How fast things change! Only five years ago, a mantra, issued and abused throughout the media, encouraged workers to “learn to code.” As the mobile/social revolution took root and tech exploded after the COVID crisis, young professionals saw big tech firms with huge signing bonuses and multi-six-figure salaries.
And now? Artificial intelligence is changing the game. Firms like Microsoft have reported that 30% of their new code is AI-generated. Recent college graduates with computer science degrees can no longer expect lucrative offers, and they are struggling with a 7.5% unemployment rate—higher than the national average.
The challenge is real, and it seems unfair to smart and hard-working Gen Z professionals.
But wait, bankers! Let’s rally the board and executive team and make some Gonzo lemonade out of this situation. Our industry has struggled to compete for top tech talent against frenzied big tech companies. NOW is the magic moment to open our arms and build a rigorous effort around next-generation technology talent.
Yes, AI is quickly taking over many tasks, but there’s still plenty of complex work to be done in banking for skilled and curious techies. From a marketplace perspective, banks must rebrand themselves as technology-first organizations that combine the fun and challenge of innovation with the stability of a good ol’ fashioned bank.
At this unprecedented moment with tech talent, here’s a challenge for bank executives to consider:
Execute a plan to invest an additional 1% of current employee compensation costs for the next three years in new IT talent, including recent grads and skilled workers displaced from tech downsizing. With this investment, build business cases to achieve an ROI.
For the typical $5 billion bank, this would equate to roughly $1 million in additional comp targeted each year to tech talent investment.
To support this talent strategy, banks can be more aggressive with their tech talent strategies. Consider these initiatives:
- Partner with colleges in your market to consistently line up interns and graduates
- Up the tech skills game by sponsoring the cost of technology certifications for rising stars
- Bring more visibility to tech inside your organization: hold hackathons and profile innovations from your techies to the board and all employees
- Build formal career opportunities for employees outside the IT department to gain technical skills and eventually move into IT roles
With a more significant investment in IT talent, banks can leverage new technical talent in these five major areas:
- Maturing the Cloud. Virtually every CIO in banking reports difficulty finding qualified candidates with cloud experience and certifications, and they also lament that using third-party resources proves too expensive. Leaders can cultivate expertise among young computer science talent like we developed credit officers and branch managers in the past. Banks can advance multi-cloud experts with AWS, Azure, and Google certifications and create young and eager DevOps engineers and cloud-native application developers. Some may even take a rising star and turn them into a valued CCSP—Certified Cloud Security Professional!
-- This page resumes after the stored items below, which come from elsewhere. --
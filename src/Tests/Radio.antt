-- ===== src/Tests/Radio.antt =====
-- Reports from the air, and the events that follow.
use base_platform_zephyr_ble.Prelude.{
  ℕ, zero, suc, ◌<◌, ◌≡◌, refl, true, List, [], ◌∷◌, ◌++◌, length, ◌==◌, if◌then◌else◌, arith,
}
use base_platform_zephyr_ble.Hal.Ble.{AdvReport}
use base_platform_zephyr_ble.Eda.{
  Event, event, app_port, acquisition_port, Bus, put_slot, send_event,
}
use base_platform_zephyr_ble.Eda.Delivery.{SendOutcome, send_event-SendOutcome}
use base_platform_zephyr_ble.Fault.{event_lost}
use base_platform_zephyr_ble.Acquisition.{
  ManufacturerFrame, accepted, rejected, parse_custom_frame, Acquisition, drain_report_pool,
}
use base_platform_zephyr_ble.Acquisition.Parse.{Element, Fits, parse_custom_frame-agree}
use base_platform_zephyr_ble.Acquisition.RoundTrip.{payload, parse-payload}
use base_platform_zephyr_ble.Acquisition.Drain.{Drained, drain_report_pool-Drained}
use base_platform_zephyr_ble.Wire.{u8_at}
use base_platform_zephyr_ble.Acquisition.Service.{Node}
use base_platform_zephyr_ble.Tests.Fixtures.{
  two_slots, address_a, one_heard, Items, list_queue, quiet_bus,
}

abbrev pub frame : ManufacturerFrame
frame = record {
  company_id = 0x59;
  sensor_data = record {
    sns_temperature = 21;
    sns_humidity = 40;
    sns_pressure = 1013;
    acc_x_raw_data = 1;
    acc_y_raw_data = 65535;
    acc_z_raw_data = 300;
    battery_mv = 3000;
    timestamp = 70000;
    status_flags = 1;
  };
}

-- The flags element that most advertisements start with.
abbrev pub flags_element : Element
flags_element = record { ad_type = 1; value = 6 ∷ [] }

abbrev report : AdvReport
report = record {
  address = address_a;
  address_type = 1;
  rssi = 200;
  data_length = 24;
  bytes = payload (flags_element ∷ []) frame [];
}

abbrev padded_report : AdvReport
padded_report = record report { bytes = payload (flags_element ∷ []) frame (0xff ∷ 0xff ∷ []) }

pub frame-Fits : Fits frame
frame-Fits = record {
  company = omega arith;
  pressure = omega arith;
  x = omega arith;
  y = omega arith;
  z = omega arith;
  battery = omega arith;
  time = omega arith;
}

parse-payload_example :
    parse_custom_frame two_slots report
    ≡ (if frame.company_id == two_slots.expected_company_id then accepted frame else rejected)
parse-payload_example =
    parse-payload two_slots report (flags_element ∷ []) frame [] ((λ e. cc), tt) frame-Fits refl
      refl

u8_at-prefix : (xs ys : List ℕ) (i : ℕ) → i < length xs → u8_at xs i ≡ u8_at (xs ++ ys) i
u8_at-prefix [] ys i h = elim h [ ]
u8_at-prefix (x ∷ xs) ys zero h = refl
u8_at-prefix (x ∷ xs) ys (suc i) h = u8_at-prefix xs ys i (omega arith)

parse_custom_frame-agree_example :
    parse_custom_frame two_slots report ≡ parse_custom_frame two_slots padded_report
parse_custom_frame-agree_example =
    parse_custom_frame-agree two_slots report padded_report refl
      (λ i h. u8_at-prefix report.bytes (0xff ∷ 0xff ∷ []) i h)

abbrev pool : Items AdvReport
pool = record { items = report ∷ padded_report ∷ []; limit = 4 }

drain_report_pool-Drained_example :
    Drained list_queue two_slots
      (λ i. 30)
      0
      (report ∷ padded_report ∷ [])
      one_heard
      (drain_report_pool list_queue two_slots (λ i. 30) 3 0 pool one_heard)
drain_report_pool-Drained_example =
    drain_report_pool-Drained list_queue two_slots (λ i. 30) 3 0 pool one_heard (omega arith)

send_event-SendOutcome_example :
    SendOutcome list_queue true quiet_bus acquisition_port 3 0
      (send_event list_queue true quiet_bus acquisition_port 3 0)
send_event-SendOutcome_example =
    send_event-SendOutcome list_queue true quiet_bus acquisition_port 3 0

abbrev faulty_bus : Bus (Items Event)
faulty_bus = record quiet_bus { fault = record { active = true; reason = event_lost } }

abbrev waiting : Items Event
waiting = record { items = event app_port 3 0 ∷ event app_port 9 0 ∷ []; limit = 20 }

abbrev waiting_bus : Bus (Items Event)
waiting_bus = put_slot quiet_bus app_port waiting

abbrev listening : Acquisition (Items AdvReport)
listening = record {
  report_pool = record { items = report ∷ []; limit = 1 };
  dropped_report_count = 4;
}

abbrev busy : Node (Items AdvReport)
busy = record {
  acquisition = record { report_pool = pool; dropped_report_count = 4 };
  ble = record { is_initialized = true; is_scanning = true };
  table = one_heard;
}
- Data Readiness for AI. Most banks are ill-prepared to effectively leverage AI because their data is fragmented and inconsistent. Today, there is a huge opportunity to turn the kids loose on a bank’s data classification efforts, possibly employing new AI tools to make it a more efficient process. From both a regulatory and business standpoint, improving the categorization and indexing of the bank’s data would pay huge dividends.
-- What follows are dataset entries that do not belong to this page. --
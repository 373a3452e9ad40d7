-- ===== src/Tests/Device.antt =====
-- The whole device at concrete inputs.
use base_platform_zephyr_ble.Prelude.{
  ℕ, ◌≡◌, refl, true, false, none, some, List, [], ◌∷◌, All, arith,
}
use base_platform_zephyr_ble.Eda.{
  Event, Bus, put_slot, running, queue_of, acquisition_port, comms_port, system_diagnostics_port,
}
use base_platform_zephyr_ble.App.{in_listening, constructed}
use base_platform_zephyr_ble.Hal.Ble.{AdvReport}
use base_platform_zephyr_ble.DeviceTable.Widths.{Bytes, Address, EntryFits, TableFits}
use base_platform_zephyr_ble.Comms.{dispatch}
use base_platform_zephyr_ble.Comms.Widths.{WorldFits, EnvFits, dispatch-WorldFits}
use base_platform_zephyr_ble.System.{dispatch_expires, comms_turn, bus_of}
use base_platform_zephyr_ble.Concentrator.{
  Device, Activity, core_turn, advertisement, acquisition_turn, heartbeat_expires, diagnostics_turn,
  run,
}
use base_platform_zephyr_ble.Concentrator.Environment.{Surroundings, Allowed}
use base_platform_zephyr_ble.Concentrator.Order.Soundness.{Sound}
use base_platform_zephyr_ble.Concentrator.Order.{run-Sound}
use base_platform_zephyr_ble.System.Passing.{Idle}
use base_platform_zephyr_ble.Concentrator.Delivery.Frame.{Advertised}
use base_platform_zephyr_ble.Tests.Fixtures.{
  Items, list_queue, two_slots, quiet_bus, no_events, dark, scripted, world, one_heard,
  one_heard-Inv, calm_env, address_b,
}
use base_platform_zephyr_ble.Tests.Lights.{healthy}
use base_platform_zephyr_ble.Acquisition.RoundTrip.{payload}
use base_platform_zephyr_ble.Tests.Radio.{frame, flags_element, frame-Fits}

abbrev pub four_ports : Bus (Items Event)
four_ports = put_slot quiet_bus system_diagnostics_port no_events

abbrev listening : Device (Items AdvReport) (Items Event) ℕ
listening = record {
  core = record {
    app = record (constructed four_ports dark) {
      machine = record { current = some in_listening; previous = none; next = none };
      current_state_id = in_listening;
    };
    world = world one_heard;
  };
  acquisition = record { report_pool = record { items = []; limit = 4 }; dropped_report_count = 0 };
  ble = record { is_initialized = true; is_scanning = true };
  diagnostics = healthy;
}

address_b-Address : Address address_b
address_b-Address = record { size = refl; bytes = ground arith }

one_heard-fits : All EntryFits one_heard.entries
one_heard-fits = ground arith

one_heard-TableFits : TableFits one_heard
one_heard-TableFits = record { entries = one_heard-fits; evicted_count = omega arith }

one_heard-WorldFits : WorldFits (world one_heard)
one_heard-WorldFits = record {
  table = one_heard-TableFits;
  sequence = omega arith;
  last_uplink_uptime_s = omega arith;
  offered = tt;
}

calm-EnvFits : EnvFits calm_env
calm-EnvFits = record { sent_s = λ i. omega arith; meanwhile = λ i t v. v }

dispatch-WorldFits_example :
    WorldFits (dispatch two_slots (scripted true true 51) calm_env (world one_heard))
dispatch-WorldFits_example =
    dispatch-WorldFits two_slots (scripted true true 51) calm_env (world one_heard) calm-EnvFits
      one_heard-WorldFits

calm-Surroundings : Surroundings two_slots calm_env
calm-Surroundings = record {
  sent_s = λ i. omega arith;
  clock = λ i j. 0;
  reports = λ i. [];
  times = λ i j. omega arith;
  fits = λ i. tt;
  meanwhile = λ i t. refl;
}

listening-Sound : Sound two_slots list_queue listening
listening-Sound = record {
  app = record {
    badge = refl;
    no_next = refl;
    delay_low = omega arith;
    delay_high = omega arith;
    one_shot = refl;
    retrying = tt;
  };
  light = λ h. record {
    badge = refl;
    no_next = refl;
    delay_low = omega arith;
    delay_high = omega arith;
    one_shot = refl;
    retrying = refl;
  };
  world = record { table = one_heard-Inv; widths = one_heard-WorldFits };
  reports = tt;
  dropped = omega arith;
}

-- The value of an advertisement with the frame of an endpoint.
abbrev pub aired : List ℕ
aired = payload (flags_element ∷ []) frame []

abbrev busy : List Activity
busy =
    advertisement address_b 1 200 aired
    ∷ acquisition_turn (λ i. 30) 0
    ∷ heartbeat_expires
    ∷ diagnostics_turn
    ∷ core_turn dispatch_expires
    ∷ core_turn (comms_turn calm_env)
    ∷ []

aired-Bytes : Bytes aired
aired-Bytes = ground arith

busy-Allowed : All (Allowed two_slots) busy
busy-Allowed = (
  (address_b-Address, omega arith, aired-Bytes),
  ((λ i. omega arith), (tt, (tt, (tt, (calm-Surroundings, tt))))),
)

run-Sound_example :
    (d' : Device (Items AdvReport) (Items Event) ℕ) × (run two_slots
        (scripted true true 51)
        list_queue
        list_queue
        false
        busy
        listening
      ≡ running d')
    × Sound two_slots list_queue d'
    × ((bus_of listening.core).fault.active ≡ true
        → (bus_of d'.core).fault ≡ (bus_of listening.core).fault)
run-Sound_example =
    run-Sound two_slots (scripted true true 51) list_queue list_queue (omega arith)
      (record { available = λ l. omega arith; uplinks = λ l. omega arith }) busy listening
      busy-Allowed listening-Sound

pub four_ports-acquisition : Idle list_queue four_ports acquisition_port
unfolding queue_of
four_ports-acquisition = record {
  queue = no_events;
  registered = refl;
  empty = refl;
  room = omega arith;
}

pub four_ports-comms : Idle list_queue four_ports comms_port
unfolding queue_of
four_ports-comms = record { queue = no_events; registered = refl; empty = refl; room = omega arith }

pub aired-Advertised : Advertised two_slots frame aired
aired-Advertised = record {
  elements = flags_element ∷ [];
  rest = [];
  others = ((λ e. cc), tt);
  fits = frame-Fits;
  bytes = refl;
  short = omega arith;
  company = refl;
}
- Tool Acceleration and Agent Development. In the less than three years since the release of Chat GPT, thousands of generative AI tools have been introduced. Banks need gritty, hands-on professionals who can dig into learning new tools and find ways to leverage them inside the bank. In addition, banks can pair hands-on technical talent with experienced, but less technical operational managers. Imagine young, hungry, computer science graduate Peyton “vibe coding” with generative AI tools to help the veteran Tom in the risk management group. Forcing these collaborations can speed up how quickly a bank can get the ROI from technology.
- Messy Platform Integration. The average financial institution is mind-numbingly challenged to make its core systems, digital banking platforms, payment processors, and front-end delivery systems work in harmony. Banks that develop an in-house integration team can move faster than competitors by “hacking” the application programming interfaces (APIs) of various vendors, leveraging enterprise service bus (ESB) tools, and even orchestrating systems integrations through more “lightweight” and containerized approaches like Kubernetes. These are all gritty skill sets that can be developed internally at a lower cost than the major vendors charge today.
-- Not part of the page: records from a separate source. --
-- ===== src/Tests/Air.antt =====
-- Deliveries over the LoRaWAN transport itself, on a link that has joined.
use base_platform_zephyr_ble.Prelude.{
  ◌≡◌, refl, true, false, none, some, [], ◌∷◌, Any, arith, bytes_eq,
}
use base_platform_zephyr_ble.Eda.{Event, running}
use base_platform_zephyr_ble.App.{in_listening, constructed}
use base_platform_zephyr_ble.Hal.Ble.{AdvReport}
use base_platform_zephyr_ble.DeviceTable.{Entry, Table, snapshot, upsert}
use base_platform_zephyr_ble.Link.{Link}
use base_platform_zephyr_ble.Link.Lora.{LoraLink, lora_link_new, lora_link}
use base_platform_zephyr_ble.Link.Lora.Accepts.{send_accepts}
use base_platform_zephyr_ble.Comms.{World, to_record, dispatch}
use base_platform_zephyr_ble.Comms.Dispatch.{Ready}
use base_platform_zephyr_ble.Comms.Complete.{Smooth}
use base_platform_zephyr_ble.Comms.Carried.{Carries, dispatch-Carried}
use base_platform_zephyr_ble.System.{dispatch_expires, comms_turn}
use base_platform_zephyr_ble.Concentrator.{Device, core_turn, advertisement, acquisition_turn, run}
use base_platform_zephyr_ble.Concentrator.Delivery.{Delivered, advertisement-Delivered}
use base_platform_zephyr_ble.Concentrator.Delivery.Steps.{world_after}
use base_platform_zephyr_ble.Tests.Fixtures.{
  Items, list_queue, two_slots, dark, one_heard, one_heard-Inv, full_table, full_table-Inv, heard,
  calm_env, started, address_a, address_b, radio, lora,
}
use base_platform_zephyr_ble.Tests.Lights.{healthy}
use base_platform_zephyr_ble.Tests.Radio.{frame}
use base_platform_zephyr_ble.Tests.Device.{
  four_ports, four_ports-acquisition, four_ports-comms, aired, aired-Advertised,
}

abbrev air : Link LoraLink
air = lora_link radio (record lora { max_uplinks_per_dispatch = 3 })

abbrev joined : LoraLink
joined = record lora_link_new { is_joined = true }

abbrev air_world : Table → World LoraLink
air_world t = record { comms = started; table = t; link = joined; offered = [] }

air-Ready : Ready two_slots air calm_env (air_world full_table)
air-Ready = record {
  available = omega arith;
  uplinks = omega arith;
  addressed = (refl, (refl, tt));
}

air-Smooth : Smooth two_slots air calm_env (air_world full_table)
unfolding snapshot
air-Smooth = record {
  joined = refl;
  rate = omega arith;
  size = omega arith;
  uplinks = omega arith;
  accepts =
      send_accepts radio (record lora { max_uplinks_per_dispatch = 3 }) joined refl (λ k. refl)
        (λ k. refl) (λ k. refl);
  calm = λ j u. refl;
}

abbrev reported : Entry
reported = record (heard address_a 10 1) { reported_seq = 1 }

dispatch-Carried_example :
    Any
      (Carries (to_record (heard address_a 10 1) 20))
      (dispatch two_slots air calm_env (air_world full_table)).offered
unfolding bytes_eq
dispatch-Carried_example =
    dispatch-Carried two_slots air calm_env (air_world full_table) address_a (heard address_a 10 1)
      air-Ready air-Smooth full_table-Inv refl refl

abbrev listening : Device (Items AdvReport) (Items Event) LoraLink
listening = record {
  core = record {
    app = record (constructed four_ports dark) {
      machine = record { current = some in_listening; previous = none; next = none };
      current_state_id = in_listening;
    };
    world = air_world one_heard;
  };
  acquisition = record { report_pool = record { items = []; limit = 4 }; dropped_report_count = 0 };
  ble = record { is_initialized = true; is_scanning = true };
  diagnostics = healthy;
}

-- The uplink's world once the advertisement is in the table.
abbrev heard_world : World LoraLink
heard_world =
    world_after two_slots air list_queue list_queue listening (λ i. 15) address_b 200 frame

heard-Ready : Ready two_slots air calm_env heard_world
unfolding upsert bytes_eq
heard-Ready = record {
  available = omega arith;
  uplinks = omega arith;
  addressed = (refl, (refl, tt));
}

heard-Smooth : Smooth two_slots air calm_env heard_world
unfolding upsert bytes_eq snapshot
heard-Smooth = record {
  joined = refl;
  rate = omega arith;
  size = omega arith;
  uplinks = omega arith;
  accepts =
      send_accepts radio (record lora { max_uplinks_per_dispatch = 3 }) joined refl (λ k. refl)
        (λ k. refl) (λ k. refl);
  calm = λ j u. refl;
}

advertisement-Delivered_example :
    (d' : Device (Items AdvReport) (Items Event) LoraLink) × (run two_slots air list_queue
        list_queue false
        (advertisement address_b 1 200 aired
          ∷ acquisition_turn (λ i. 15) 0
          ∷ core_turn dispatch_expires
          ∷ core_turn (comms_turn calm_env)
          ∷ [])
        listening
      ≡ running d')
    × Delivered calm_env address_b 200 frame d'
unfolding bytes_eq
advertisement-Delivered_example =
    advertisement-Delivered two_slots air list_queue list_queue listening (λ i. 15) 0 address_b 1
      200 aired frame calm_env (omega arith) one_heard-Inv (omega arith) four_ports-acquisition
      four_ports-comms refl aired-Advertised (omega arith) (λ e h. cc) heard-Ready heard-Smooth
- Cybersecurity and Fraud. Cornerstone Advisors' research indicates that 48% of bank executives see cybersecurity as one of their top strategic concerns. Executives are concerned about their ability to fight cyberattacks and keep up with the technology necessary to remain resilient to hackers and fraudsters. With a shortage of financially focused chief information security officers (CISOs) in the market, building additional skills in-house is a no-regrets move.
Despite bold predictions, the banking industry isn’t going to become a monolithic app run by robots. We still need humans to drive legacy organizations forward and deal with the complexity and fragmentation of bank technology today. As banks dig into new work for robots, it’s a great time to lean into the human side of tech talent development.